Our previous data indicated that genes involved in pathways responsible for the development of cancer may be related to the risk of an anaphylactic reaction to insect venom. We hypothesized that a more pronounced mast cells dysfunction in patients without a history of anaphylaxis is present (Niedoszytko et al. 2011). The current study is performed in a group of patients with less advanced mastocytosis, also including CM patients. Thus, the differences in gene expression responsible for a neoplastic transformation were not found. The observation of a higher expression of TRAF4 related to Th2 inflammation confirms another observation of the role of the IL-13 gene polymorphism in the pathogenesis of mastocytosis and frequent symptoms of food hypersensitivity affecting this group of patients (Nedoszytko et al. 2009). The genetics of anaphylaxis and intolerance are poorly understood. New observations describing the role of calcitonin gene-related peptide, the neurotransmitter of enteric sensory neurons responsible for the microtubule organization and interaction between mucosal mast cells and the development of food allergy, prove that food hypersensitivity mechanisms involve more pathways than the classic IgE response (Kim et al. 2014). The identification of novel targets like TRAF4 may constitute a research field focused on new therapeutic targets (Kim et al. 2014).
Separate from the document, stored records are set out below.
-- ===== src/Scheduling/Weighted/Arrays.antt =====
-- The arrays of schedule_weighted over a list in the order of the ends: `prev` separates what ends
-- before a pass from the rest, and the table solves the recurrence.
use mathlib.Core.List.Pairwise
use native.Mathlib.Decide.{dec_lt}
use sda_system.Prelude.{
  ℕ, suc, ◌+◌, ◌≤◌, ◌<◌, ◌≡◌, ◌∙◌, ap, List, map, Pairwise, length, get_or, replicate, arith,
  le_prop, leb→le, get_or-map, get_or-mem, length-map, length-replicate, get_or-replicate,
}
use sda_system.Prelude.Sorting.{IsSorted}
use sda_system.Prelude.Bisect.{
  bisect_right, bisect_right_below, lt-bisect_right, bisect_right-le-length,
}
use sda_system.Models.{SatellitePass}
use sda_system.Scheduling.Selection.{by_set, AllMeetChecks}
use sda_system.Scheduling.Weighted.{benefit, prev_next, fill, table}
use sda_system.Scheduling.Weighted.Table.{fill_keeps, fill_step, IsTable}

module _ (d : SatellitePass) (ps : List SatellitePass) (ordered : IsSorted by_set ps)
    (checks : AllMeetChecks ps) where
  abbrev ends : List ℕ
  ends = map (λ (q : SatellitePass). q.set_time) ps

  ends_ascend : Pairwise ◌≤◌ ends
  ends_ascend =
      Pairwise.map (λ a b. le_prop) (λ (q : SatellitePass). q.set_time)
        (λ a b h. leb→le a.set_time b.set_time h) ordered

  next_lem :
      (j : ℕ)
      → j < length ps
      → get_or (prev_next ps) j 0 ≡ bisect_right ends (get_or ps j d).rise_time
  unfolding prev_next
  next_lem j h = get_or-map _ ps j d 0 h

  -- What stands left of the insertion point has ended by the time the pass rises.
  pub next_below :
      (j k : ℕ)
      → j < length ps
      → k < get_or (prev_next ps) j 0
      → (k < length ps) × ((get_or ps k d).set_time ≤ (get_or ps j d).rise_time)
  next_below j k hj hk =
      let at = next_lem j hj in
      let hk' : k < bisect_right ends (get_or ps j d).rise_time = omega arith in
      let bound : k < length ps = omega (
        arith,
        bisect_right-le-length ends (get_or ps j d).rise_time,
        length-map (λ (q : SatellitePass). q.set_time) ps,
      ) in
      (
        bound,
        omega (
          arith,
          bisect_right_below ends (get_or ps j d).rise_time k hk',
          get_or-map (λ (q : SatellitePass). q.set_time) ps k d 0 bound,
        ),
      )

  pub lt-next :
      (j k : ℕ)
      → j < length ps
      → k < length ps
      → (get_or ps k d).set_time ≤ (get_or ps j d).rise_time
      → k < get_or (prev_next ps) j 0
  lt-next j k hj hk h =
      let at = next_lem j hj in
      let found =
        lt-bisect_right ends_ascend (get_or ps j d).rise_time k
          (omega (arith, length-map (λ (q : SatellitePass). q.set_time) ps))
          (omega (arith, get_or-map (λ (q : SatellitePass). q.set_time) ps k d 0 hk)) in
      omega arith

  next-le : (j : ℕ) → j < length ps → get_or (prev_next ps) j 0 ≤ j
  next-le j h = elim (dec_lt j (get_or (prev_next ps) j 0)) [
    | yes k ↦
        let (_, early) = next_below j j h k in
        let late = (checks _ (get_or-mem ps j d h)).time_order in absurd (omega arith)
    | no k ↦ omega arith
  ]

  pub table-IsTable :
      IsTable
        (length ps)
        (λ j. benefit (get_or ps j d))
        (λ j. get_or (prev_next ps) j 0)
        (λ j. get_or (table ps) j 0)
  unfolding table
  table-IsTable = record {
    base = fill_keeps _ _ (length ps) 0 _ 0 (omega arith) ∙ get_or-replicate (length ps + 1) 0;
    below = next-le;
    step = λ j h.
        let entry =
          fill_step (map benefit ps) (prev_next ps) (length ps) 0 (replicate (length ps + 1) 0)
            (length-replicate (length ps + 1) 0 ∙ omega arith) j (omega arith) (omega arith)
            (next-le j h) in
        let final =
          fill (map benefit ps) (prev_next ps) (length ps) 0 (replicate (length ps + 1) 0) in
        let at : get_or final (suc j) 0 ≡ get_or final (j + 1) 0 =
          ap (λ k. get_or final k 0) (omega arith) in
        omega (arith, at, entry, get_or-map benefit ps j d 0 h);
  }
The opinions concerning food hypersensitivity in mastocytosis were conflicting. Studies on skin prick test and sIgE levels in mastocytosis patients do not show higher prevalence than in the general population (González de Olano et al. 2007). Similarly, the proportion of patients with an elevated tryptase level is higher in patients with an IVA than in subjects suffering from a food allergy (Bonadonna et al. 2009a, b). The studies based on the symptoms and broader mechanisms of food hypersensitivity, including histamine hypersensitivity (Brockow et al. 2008; Cifuentes et al. 2013; Koga et al. 2011; Prieto-García et al. 2015; Vlieg-Boerstra et al. 2005), present clinically important systemic reactions in this group of patients. Our results confirm that the prevalence of food hypersensitivity in mastocytosis patients (21 %) is higher than in the comparable age group of adults in Poland (5 %) (Samolinski 2015). The present study also adds a genetic trace in the pathology of the symptoms described as important by half of the patients (Jennings et al. 2014). The mechanism of hypersensitivity may be related to the TRAF4-mediated SMURF2-dependent degradation of DAZAP2 (Zepp et al. 2015), irrespective of the type of hypersensitivity (allergic or non-allergic). The variety of symptoms caused by food hypersensitivity and the treatment methods, including food avoidance, indicates the crucial role of a dietitian and patient education. In contrast, the IVA is mediated by IgE-dependent allergy thus the lifelong insect venom immunotherapy is crucial to prevent fatal reactions.

In conclusion, the TRAF4 expression was higher in mastocytosis patients with food hypersensitivity in their medical history. B3GAT1 gene and antigen CD57 play an important role in immune system and neoplasm processes. CD57 is a marker of well-differentiated cells with high cytotoxic potential. Moreover, CD57 is a marker of the immune system dysfunction regardless of the underlying disease. CD57 lymphocytes are involved in many chronic processes associated with the activation of immune system, such as viral infections, inflammatory disorders and also neoplasms, as well as physical stress and aging. The variation in the glycosylation of plasma proteins caused by the polymorphisms of B3GAT1 could be a predisposing or prognostic factor in numerous diseases.